Personal information
- Date of birth: 1983 (age 41–42)

Coaching career^{3}
- Years: Club / Games (W–L–D)
- 2017–2019: Collingwood (W) / 21 (7–14–0)
- Total:  / 21 (7–14–0)
- ^{3} Coaching statistics correct as of 2019.

= Wayne Siekman =

Australian rules football coach (born 1983)

Wayne Siekman is an Australian rules football coach who was the head coach of the Collingwood Football Club in the AFL Women's competition (AFLW) between 2017 and 2019.

==Coaching career==
===Beginnings===
Siekman's coaching career began in earnest with two years as the Chelsea Football Club's Under 18 coach.

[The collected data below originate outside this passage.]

-- ===== src/Mutations/Ledger/History.antt =====
-- What holds of a ledger after its appends.
use mini_code_agent_langgrap.Prelude.{
  ◌≡◌, refl, sym, ◌∙◌, ap, subst, ℕ, suc, ◌≤◌, true, false, ◌&&◌, List, [], ◌∷◌, ◌++◌, length, some,
  String, ok, ◌==◌, eq_iff, eq_refl, contains, arith, Bool-cases, inl, inr,
}
use mathlib.Core.List.{append_assoc}
use mini_code_agent_langgrap.Prelude.Results.{>>=-eq-ok, raise_if}
use mini_code_agent_langgrap.Prelude.Library.{Library}
use mini_code_agent_langgrap.Mutations.{
  MemoryFieldSchema, MemoryMutation, authority_rank, require_text,
}
use mini_code_agent_langgrap.Mutations.Ledger.{
  MaterializedMemory, MemoryCommitReport, MutationLedger, get_memory, get_schema, put_memory,
  append, materialized, status_of, report, condition, new_ledger, empty_ledger, has_duplicates,
}
use mini_code_agent_langgrap.Mutations.Ledger.Append.{
  Committed, append-cases, get_memory-put_memory, get_memory-put_memory_other,
}

-- After an append that reports a commit, the mutation's entity and predicate hold its status, its
-- authority and its id, every other key holds what it held, and a second append of the same mutation
-- reports `already_committed` and changes nothing.
pub append-committed :
    (lib : Library) (l : MutationLedger) (m : MemoryMutation) (r : MemoryCommitReport)
    (l' : MutationLedger)
    → append lib l m ≡ ok (r, l')
    → r.outcome ≡ "committed"
    → ((item : MaterializedMemory) × (get_memory m.entity_id m.predicate l'.state ≡ some item)
        × (status_of m.operation ≡ ok item.status)
        × (item.authority ≡ m.authority)
        × (item.mutation_id ≡ m.mutation_id))
      × ((entity predicate : String)
          → (m.entity_id == entity && m.predicate == predicate) ≡ false
          → get_memory entity predicate l'.state ≡ get_memory entity predicate l.state)
      × (append lib l' m
          ≡ ok (
            report m l'.revision "already_committed" (condition "idempotent_replay" true "" ∷ []),
            l',
          ))
unfolding append
append-committed lib l m r l' h outcome = elim (append-cases lib l m h) [
  | inl (_, other) ↦ cc
  | inr (_, c) ↦
      let item : MaterializedMemory = materialized m c.schema c.status l.state in
      let state_eq : l'.state ≡ put_memory item l.state = ap (λ x. x.state) c.after_eq in
      let ids_eq : l'.mutation_ids ≡ m.mutation_id ∷ l.mutation_ids =
        ap (λ x. x.mutation_ids) c.after_eq in
      let same = eq_refl m.mutation_id in
      let replayed : contains m.mutation_id l'.mutation_ids ≡ true = ground arith in
      (
        (
          item,
          ap (get_memory m.entity_id m.predicate) state_eq ∙ get_memory-put_memory item l.state,
          c.status_eq,
          refl,
          refl,
        ),
        (λ entity predicate other.
            ap (get_memory entity predicate) state_eq
            ∙ get_memory-put_memory_other item l.state entity predicate other),
        (cc),
      )
]

-- The ledgers that appends reach from an empty one, by mutations whose revision follows their base.
pub data Reachable (lib : Library) : MutationLedger → Type 0 where
  start :
      (stream : String) (schemas : List MemoryFieldSchema) (l : MutationLedger)
      → new_ledger stream schemas ≡ ok l
      → Reachable lib l
  step :
      (l : MutationLedger) (m : MemoryMutation) (r : MemoryCommitReport) (l' : MutationLedger)
      → Reachable lib l
      → m.revision ≡ suc m.base_revision
      → append lib l m ≡ ok (r, l')
      → Reachable lib l'

-- The memory was made by one of the mutations, and its authority, which is that mutation's, is within
-- the limit of the schema with the id and the version that the mutation names.
pub record WithinLimit (schemas : List MemoryFieldSchema) (mutations : List MemoryMutation)
    (item : MaterializedMemory) : Type 0 where
  pub earlier : List MemoryMutation
  pub mutation : MemoryMutation
  pub later : List MemoryMutation
  pub logged : mutations ≡ earlier ++ (mutation ∷ later)
  pub mutation_eq : item.mutation_id ≡ mutation.mutation_id
  pub entity_eq : item.entity_id ≡ mutation.entity_id
  pub predicate_eq : item.predicate ≡ mutation.predicate
  pub authority_eq : item.authority ≡ mutation.authority
  pub schema : MemoryFieldSchema
  pub resolved :
      get_schema mutation.schema_id mutation.schema_version mutation.predicate schemas ≡ some schema
  pub rank : ℕ
  pub limit : ℕ
  pub rank_eq : authority_rank item.authority ≡ ok rank
  pub limit_eq : authority_rank schema.max_authority ≡ ok limit
  pub within : rank ≤ limit

-- The revision counts the mutations, and every memory is within the limit of its schema.
pub record IsWellFormed (l : MutationLedger) : Type 0 where
  pub revision_eq : l.revision ≡ length l.mutations
  pub authorised :
      (entity predicate : String) (item : MaterializedMemory)
      → get_memory entity predicate l.state ≡ some item
      → WithinLimit l.schemas l.mutations item

-- One more mutation does not change which one made a memory.
WithinLimit-snoc :
    (schemas : List MemoryFieldSchema) (mutations : List MemoryMutation) (m : MemoryMutation)
    (item : MaterializedMemory)
    → WithinLimit schemas mutations item
    → WithinLimit schemas (mutations ++ (m ∷ [])) item
WithinLimit-snoc schemas mutations m item h = record {
  earlier = h.earlier;
  mutation = h.mutation;
  later = h.later ++ (m ∷ []);
  logged =
      ap (λ l. l ++ (m ∷ [])) h.logged ∙ append_assoc h.earlier (h.mutation ∷ h.later) (m ∷ []);
  mutation_eq = h.mutation_eq;
  entity_eq = h.entity_eq;
  predicate_eq = h.predicate_eq;
  authority_eq = h.authority_eq;
  schema = h.schema;
  resolved = h.resolved;
  rank = h.rank;
  limit = h.limit;
  rank_eq = h.rank_eq;
  limit_eq = h.limit_eq;
  within = h.within;
}

length-snoc : {A : Type 0} (xs : List A) (x : A) → length (xs ++ (x ∷ [])) ≡ suc (length xs)
length-snoc [] x = refl
length-snoc (y ∷ ys) x = ap suc (length-snoc ys x)

new_ledger-IsWellFormed :
    (stream : String) (schemas : List MemoryFieldSchema) (l : MutationLedger)
    → new_ledger stream schemas ≡ ok l
    → IsWellFormed l
unfolding new_ledger get_memory
new_ledger-IsWellFormed stream schemas l h =
    let (_, _, h1) = >>=-eq-ok (require_text "stream id" stream) _ h in
    let (_, _, h2) = >>=-eq-ok (raise_if (has_duplicates schemas) _ _) _ h1 in
    let e : empty_ledger stream schemas ≡ l = cc in
    subst IsWellFormed e
      (record { revision_eq = refl; authorised = λ entity predicate item found. cc })

step-authorised :
    (l : MutationLedger) (m : MemoryMutation) (l' : MutationLedger)
    → Committed l m l'
    → IsWellFormed l
    → (entity predicate : String) (item : MaterializedMemory)
    → get_memory entity predicate l'.state ≡ some item
    → WithinLimit l'.schemas l'.mutations item
step-authorised l m l' c wf entity predicate item found =
    let made : MaterializedMemory = materialized m c.schema c.status l.state in
    let state_eq : l'.state ≡ put_memory made l.state = ap (λ x. x.state) c.after_eq in
    subst (λ x. WithinLimit x.schemas x.mutations item) (sym c.after_eq)
      (elim (Bool-cases (m.entity_id == entity && m.predicate == predicate)) [
        | inl same ↦
            let a = eq_iff m.entity_id entity in
            let b = eq_iff m.predicate predicate in
            let entity_eq : m.entity_id ≡ entity = ground arith in
            let predicate_eq : m.predicate ≡ predicate = ground arith in
            let got : get_memory m.entity_id m.predicate l'.state ≡ some made =
              ap (get_memory m.entity_id m.predicate) state_eq
              ∙ get_memory-put_memory made l.state in
            let made_eq : made ≡ item = cc in
            subst (WithinLimit l.schemas (l.mutations ++ (m ∷ []))) made_eq (record {
              earlier = l.mutations;
              mutation = m;
              later = [];
              logged = refl;
              mutation_eq = refl;
              entity_eq = refl;
              predicate_eq = refl;
              authority_eq = refl;
              schema = c.schema;
              resolved = c.resolved;
              rank = c.rank;
              limit = c.limit;
              rank_eq = c.rank_eq;
              limit_eq = c.limit_eq;
              within = c.authorised;
            })
        | inr other ↦ WithinLimit-snoc l.schemas l.mutations m item (
            wf.authorised entity predicate item (
              sym (
                ap (get_memory entity predicate) state_eq
                ∙ get_memory-put_memory_other made l.state entity predicate other)
              ∙ found))
      ])

-- Every ledger that appends of mutations whose revision follows their base revision reach from an
-- empty one is well formed: its revision is the number of its
-- mutations, and every memory has the id, the entity, the predicate and the authority of one of its
-- mutations, where this authority is not above the limit of the ledger's schema with the schema id, the
-- version and the predicate that this mutation names.
pub Reachable-IsWellFormed : (lib : Library) (l : MutationLedger) → Reachable lib l → IsWellFormed l
Reachable-IsWellFormed lib _ (start stream schemas l h) = new_ledger-IsWellFormed stream schemas l h
Reachable-IsWellFormed lib _ (step l m r l' before next h) =
    let wf = Reachable-IsWellFormed lib l before in
    elim (append-cases lib l m h) [
      | inl (same, _) ↦ subst IsWellFormed (sym same) wf
      | inr (_, c) ↦ record {
        revision_eq =
            ap (λ x. x.revision) c.after_eq
            ∙ next
            ∙ ap suc (c.base_eq ∙ wf.revision_eq)
            ∙ sym (ap (λ x. length x.mutations) c.after_eq ∙ length-snoc l.mutations m);
        authorised = step-authorised l m l' c wf;
      }
    ]
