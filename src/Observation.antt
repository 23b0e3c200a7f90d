-- ===== src/Observation.antt =====
-- What is told of results: `VerificationCheckEvidence.to_dict` and `verification_command_sha256` of
-- src/mini_code_agent/checks.py, and `ToolResult.to_observation` of src/mini_code_agent/contracts.py.
use mini_code_agent_langgrap.Prelude.{
  ℕ, Bool, true, false, not, ◌&&◌, List, [], ◌∷◌, Option, none, some, String, pos, is_empty, strip,
  if◌then◌else◌,
}
use mini_code_agent_langgrap.Prelude.Json.{
  Json, int, str, bool, arr, obj, Items, nil, cons, Fields, end, field,
}
use mini_code_agent_langgrap.Prelude.Library.{Library}
use mini_code_agent_langgrap.Utils.{truncate_text, default_output_limit}
use mini_code_agent_langgrap.Checks.Matrix.{VerificationCheckEvidence}
use mini_code_agent_langgrap.Contracts.{ToolResult}

-- `if test: data[key] = value`, before the fields that follow.
abbrev field_if : Bool → String → Json → Fields → Fields
field_if test key value rest = if test then field key value rest else rest

abbrev count_field : Option ℕ → Fields → Fields
count_field none rest = rest
count_field (some n) rest = field "tests_run" (int (pos n)) rest

unfoldable pub to_dict : Bool → VerificationCheckEvidence → Fields
to_dict include_command_fingerprint e = field "name" (str e.name) (
    field "returncode" (int e.returncode) (
      field "duration_ms" (int (pos e.duration_ms)) (
        field "blocked" (bool e.blocked) (
          field "approved" (bool e.approved) (
            count_field e.tests_run (
              field_if (not (is_empty e.exception_info)) "exception_info" (str e.exception_info) (
                field_if (include_command_fingerprint && not (is_empty e.command_sha256))
                  "command_sha256" (str e.command_sha256) end)))))))

unfoldable pub verification_command_sha256 : Library → String → String
verification_command_sha256 lib command = lib.sha256_hex (strip command)

evidence_items : List VerificationCheckEvidence → Items
unfolding to_dict
evidence_items [] = nil
evidence_items (e ∷ rest) = cons (obj (to_dict false e)) (evidence_items rest)

abbrev is_nonempty : List VerificationCheckEvidence → Bool
is_nonempty [] = false
is_nonempty (_ ∷ _) = true

unfoldable pub to_observation : ToolResult → Fields
unfolding evidence_items
to_observation r = field "returncode" (int r.returncode) (
    field "output" (str (truncate_text r.output default_output_limit)) (
      field_if (not (is_empty r.command)) "command" (str r.command) (
        field_if (not (is_empty r.exception_info)) "exception_info" (str r.exception_info) (
          field_if r.submitted "submitted" (bool true) (
            field_if r.submitted "submission" (str r.submission) (
              field_if (not r.approved) "approved" (bool false) (
                field_if r.blocked "blocked" (bool true) (
                  count_field r.tests_run (
                    field_if (is_nonempty r.verification_checks) "verification_checks"
                      (arr (evidence_items r.verification_checks)) end)))))))))
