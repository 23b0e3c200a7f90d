-- ===== src/Receipt/Binding.antt =====
-- What a receipt pins down: one payload is valid for one durable state only, and a loaded receipt
-- is authentic.
use Prim.Native.String.{count}
use mini_code_agent_langgrap.Prelude.{
  ◌≡◌, refl, subst, ap, ◌∙◌, Bool, true, false, not, ◌||◌, List, [], ◌∷◌, Option, none, some,
  String, pos, negsuc, zero, suc, ok, ◌==◌, eq_iff, All, arith,
}
use mini_code_agent_langgrap.Prelude.Results.{raise_if, >>=-eq-ok, raise_if-eq-ok}
use mini_code_agent_langgrap.Prelude.Json.{
  Json, null, bool, int, float, str, arr, obj, Items, nil, cons, Fields, get, get_default,
  equals_str, equals_bool, equals_items, equals_strs,
}
use mini_code_agent_langgrap.Prelude.Library.{Library}
use mini_code_agent_langgrap.Manifest.{Manifest, log_json}
use mini_code_agent_langgrap.Receipt.{
  digest_json, is_identified, has_sections, load_existing_key, load_receipt, parsed_envelope,
  isolate_payload, text_of, receipt_tests, mismatches, verdict, validate_receipt,
}

-- What a value is that equals a text, or a list of texts.
equals_str-eq : (t : String) (v : Json) → equals_str t v ≡ true → v ≡ str t
equals_str-eq t (str s) h = ap str ((eq_iff s t).0 h)
equals_str-eq t null h = cc
equals_str-eq t _ h = cc

same_text : (a b : String) (v : Json) → equals_str a v ≡ true → equals_str b v ≡ true → a ≡ b
same_text a b v h k = cc (equals_str-eq a v h, equals_str-eq b v k)

same_items :
    (us ts : List String) (vs : Items)
    → equals_items us vs ≡ true
    → equals_items ts vs ≡ true
    → us ≡ ts
same_items [] [] vs h k = refl
same_items [] (t ∷ ts) nil h k = cc
same_items [] (t ∷ ts) (cons v vs) h k = cc
same_items (u ∷ us) [] nil h k = cc
same_items (u ∷ us) [] (cons v vs) h k = cc
same_items (u ∷ us) (t ∷ ts) nil h k = cc
same_items (u ∷ us) (t ∷ ts) (cons v vs) h k = cc (
  same_text u t v (ground (arith, equals_str u v)) (ground (arith, equals_str t v)),
  same_items us ts vs (ground (arith, equals_str u v)) (ground (arith, equals_str t v)),
)

same_texts :
    (a b : List String) (v : Json) → equals_strs a v ≡ true → equals_strs b v ≡ true → a ≡ b
same_texts a b (arr vs) h k = same_items a b vs h k
same_texts a b null h k = cc
same_texts a b _ h k = cc

not-both : (v : Json) → equals_bool true v ≡ true → equals_bool false v ≡ true → ⊥
not-both null h k = cc
not-both (bool true) h k = cc
not-both (bool false) h k = cc
not-both (int (pos zero)) h k = cc
not-both (int (pos (suc n))) h k = cc
not-both (int (negsuc n)) h k = cc
not-both (float t) h k =
    cc (subst (λ x. (x == "0.0" || x == "-0.0") ≡ true) ((eq_iff t "1.0").0 h) k)
not-both _ h k = cc

same_flag : (a b : Bool) (v : Json) → equals_bool a v ≡ true → equals_bool b v ≡ true → a ≡ b
same_flag true true v h k = refl
same_flag false false v h k = refl
same_flag true false v h k = absurd (not-both v h k)
same_flag false true v h k = absurd (not-both v k h)

mismatches-nil :
    (tests : List (String × Bool))
    → mismatches tests ≡ []
    → All (λ (t : String × Bool). t.1 ≡ true) tests
unfolding mismatches
mismatches-nil [] h = tt
mismatches-nil ((key, true) ∷ rest) h = (refl, mismatches-nil rest h)
mismatches-nil ((key, false) ∷ rest) h = cc

verdict-ok : (keys : List String) → verdict keys ≡ ok tt → keys ≡ []
verdict-ok [] h = refl
verdict-ok (k ∷ ks) h = cc

validate_receipt-tests :
    (lib : Library) (payload : Fields) (m : Manifest) (trajectory : Fields)
    → validate_receipt lib payload m trajectory ≡ ok tt
    → All (λ (t : String × Bool). t.1 ≡ true) (receipt_tests lib payload m trajectory)
unfolding validate_receipt
validate_receipt-tests lib payload m trajectory h =
    let (_, _, v) =
      >>=-eq-ok
        (raise_if (not (has_sections payload)) "AttributeError" "object has no attribute 'get'")
        (λ _. verdict (mismatches (receipt_tests lib payload m trajectory))) h in
    mismatches-nil (receipt_tests lib payload m trajectory)
      (verdict-ok (mismatches (receipt_tests lib payload m trajectory)) v)

-- The parts of the durable state that a receipt pins down.
pub record SameState (lib : Library) (m m' : Manifest) (trajectory trajectory' : Fields)
    : Type 0 where
  pub id : m.id ≡ m'.id
  pub baseline_commit : m.baseline_commit ≡ m'.baseline_commit
  pub baseline_fingerprint : m.baseline_fingerprint ≡ m'.baseline_fingerprint
  pub prepared_fingerprint : m.prepared_fingerprint ≡ m'.prepared_fingerprint
  pub prepared_source_fingerprint : m.prepared_source_fingerprint ≡ m'.prepared_source_fingerprint
  pub prepared_patch_sha256 : m.prepared_patch_sha256 ≡ m'.prepared_patch_sha256
  pub trajectory_sha256 : digest_json lib (obj trajectory) ≡ digest_json lib (obj trajectory')
  pub access_log_sha256 :
      digest_json lib (arr (log_json m.access_log)) ≡ digest_json lib (arr (log_json m'.access_log))
  pub read_set : m.read_set ≡ m'.read_set
  pub write_set : m.write_set ≡ m'.write_set
  pub broad_read : m.broad_read ≡ m'.broad_read
  pub broad_write : m.broad_write ≡ m'.broad_write

-- One receipt payload is valid for one durable state: two states for which it is valid agree in
-- their id, baseline, prepared fingerprints, patch digest and access sets, and in the digests of
-- their trajectories and access logs.
pub validate_receipt-SameState :
    (lib : Library) (payload : Fields) (m m' : Manifest) (trajectory trajectory' : Fields)
    → validate_receipt lib payload m trajectory ≡ ok tt
    → validate_receipt lib payload m' trajectory' ≡ ok tt
    → SameState lib m m' trajectory trajectory'
unfolding receipt_tests
validate_receipt-SameState lib payload m m' trajectory trajectory' h h' =
    let t = validate_receipt-tests lib payload m trajectory h in
    let t' = validate_receipt-tests lib payload m' trajectory' h' in
    record {
      id = same_text _ _ _ t.0 t'.0;
      baseline_commit = same_text _ _ _ t.1.0 t'.1.0;
      baseline_fingerprint = same_text _ _ _ t.1.1.0 t'.1.1.0;
      prepared_fingerprint = same_text _ _ _ t.1.1.1.0 t'.1.1.1.0;
      prepared_source_fingerprint = same_text _ _ _ t.1.1.1.1.0 t'.1.1.1.1.0;
      prepared_patch_sha256 = same_text _ _ _ t.1.1.1.1.1.0 t'.1.1.1.1.1.0;
      trajectory_sha256 = same_text _ _ _ t.1.1.1.1.1.1.1.1.0 t'.1.1.1.1.1.1.1.1.0;
      access_log_sha256 = same_text _ _ _ t.1.1.1.1.1.1.1.1.1.0 t'.1.1.1.1.1.1.1.1.1.0;
      read_set = same_texts _ _ _ t.1.1.1.1.1.1.1.1.1.1.0 t'.1.1.1.1.1.1.1.1.1.1.0;
      write_set = same_texts _ _ _ t.1.1.1.1.1.1.1.1.1.1.1.0 t'.1.1.1.1.1.1.1.1.1.1.1.0;
      broad_read = same_flag _ _ _ t.1.1.1.1.1.1.1.1.1.1.1.1.0 t'.1.1.1.1.1.1.1.1.1.1.1.1.0;
      broad_write = same_flag _ _ _ t.1.1.1.1.1.1.1.1.1.1.1.1.1.0 t'.1.1.1.1.1.1.1.1.1.1.1.1.1.0;
    }

-- What authenticates an envelope: its payload is an object issued in state `prepared` for the
-- transaction, its receipt id is the payload's digest, and its mark is the payload's keyed digest.
pub record IsAuthentic (lib : Library) (envelope : Fields) (key transaction_id : String)
    : Type 0 where
  pub payload : Fields
  pub is_payload : get "payload" envelope ≡ some (obj payload)
  pub transaction : get_default "transaction_id" null payload ≡ str transaction_id
  pub state : get_default "state" null payload ≡ str "prepared"
  pub receipt_id : text_of lib (get "receipt_id" envelope) ≡ digest_json lib (obj payload)
  pub mark :
      text_of lib (get "hmac_sha256" envelope) ≡ lib.hmac_hex key (lib.canonical_json (obj payload))
  pub key_size : count key ≡ 32

parsed_envelope-ok :
    (file : Option Json) {envelope : Fields}
    → parsed_envelope file ≡ ok envelope
    → file ≡ some (obj envelope)
parsed_envelope-ok none h = cc
parsed_envelope-ok (some (obj e)) h = cc
parsed_envelope-ok (some null) h = cc
parsed_envelope-ok (some _) h = cc

isolate_payload-ok :
    (o : Option Json) {payload : Fields} → isolate_payload o ≡ ok payload → o ≡ some (obj payload)
isolate_payload-ok none h = cc
isolate_payload-ok (some (obj e)) h = cc
isolate_payload-ok (some null) h = cc
isolate_payload-ok (some _) h = cc

load_existing_key-ok :
    (file : Option String) {key : String}
    → load_existing_key file ≡ ok key
    → (file ≡ some key) × (count key ≡ 32)
unfolding load_existing_key
load_existing_key-ok none h = cc
load_existing_key-ok (some k) h = ground arith

not-not : {b : Bool} → not b ≡ false → b ≡ true
not-not {b} h = ground arith

is_identified-fields :
    (lib : Library) (transaction_id : String) (payload : Fields)
    → is_identified lib transaction_id payload ≡ true
    → (get_default "transaction_id" null payload ≡ str transaction_id)
      × (get_default "state" null payload ≡ str "prepared")
unfolding is_identified
is_identified-fields lib transaction_id payload h = (
  equals_str-eq transaction_id (get_default "transaction_id" null payload) (ground arith),
  equals_str-eq "prepared" (get_default "state" null payload) (ground arith),
)

-- A receipt that loads is the file's object, and it is authentic under the key file's key.
pub load_receipt-IsAuthentic :
    (lib : Library) (file : Option Json) (key_file : Option String) (transaction_id : String)
    {envelope : Fields}
    → load_receipt lib file key_file transaction_id ≡ ok envelope
    → (file ≡ some (obj envelope))
      × (key : String) × (key_file ≡ some key)
      × IsAuthentic lib envelope key transaction_id
unfolding load_receipt
load_receipt-IsAuthentic lib file key_file transaction_id {envelope} h =
    let (e, p1, h1) = >>=-eq-ok (parsed_envelope file) _ h in
    let (payload, p2, h2) = >>=-eq-ok (isolate_payload (get "payload" e)) _ h1 in
    let (_, p3, h3) =
      >>=-eq-ok
        (raise_if (not (is_identified lib transaction_id payload)) "ReceiptError"
          "transaction receipt identity is invalid")
        _ h2 in
    let (_, p4, h4) =
      >>=-eq-ok
        (raise_if (not (text_of lib (get "receipt_id" e) == digest_json lib (obj payload)))
          "ReceiptError" "transaction receipt digest is invalid")
        _ h3 in
    let (key, p5, h5) = >>=-eq-ok (load_existing_key key_file) _ h4 in
    let (_, p6, h6) =
      >>=-eq-ok
        (raise_if
          (not (
            text_of lib (get "hmac_sha256" e)
            == lib.hmac_hex key (lib.canonical_json (obj payload))))
          "ReceiptError" "transaction receipt authentication failed")
        _ h5 in
    let same : e ≡ envelope = cc in
    let (is_key, size) = load_existing_key-ok key_file p5 in
    let (named, ready) =
      is_identified-fields lib transaction_id payload (not-not (raise_if-eq-ok _ _ _ p3)) in
    (
      parsed_envelope-ok file p1 ∙ ap (λ x. some (obj x)) same,
      key,
      is_key,
      subst (λ x. IsAuthentic lib x key transaction_id) same
          (record {
            payload = payload;
            is_payload = isolate_payload-ok (get "payload" e) p2;
            transaction = named;
            state = ready;
            receipt_id = (eq_iff _ _).0 (not-not (raise_if-eq-ok _ _ _ p4));
            mark = (eq_iff _ _).0 (not-not (raise_if-eq-ok _ _ _ p6));
            key_size = size;
          }),
    )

His first major coaching appointment came when he joined the Dandenong Stingrays as a development coach in 2006. He served at the TAC Cup side in multiple roles over the next decade including later as a senior assistant coach.

In addition to his role at the Stingrays, Siekman served as head coach of the Victorian Metro side at Youth Girls Championships between 2014 and 2016. He coached the side to national titles in both 2015 and 2016.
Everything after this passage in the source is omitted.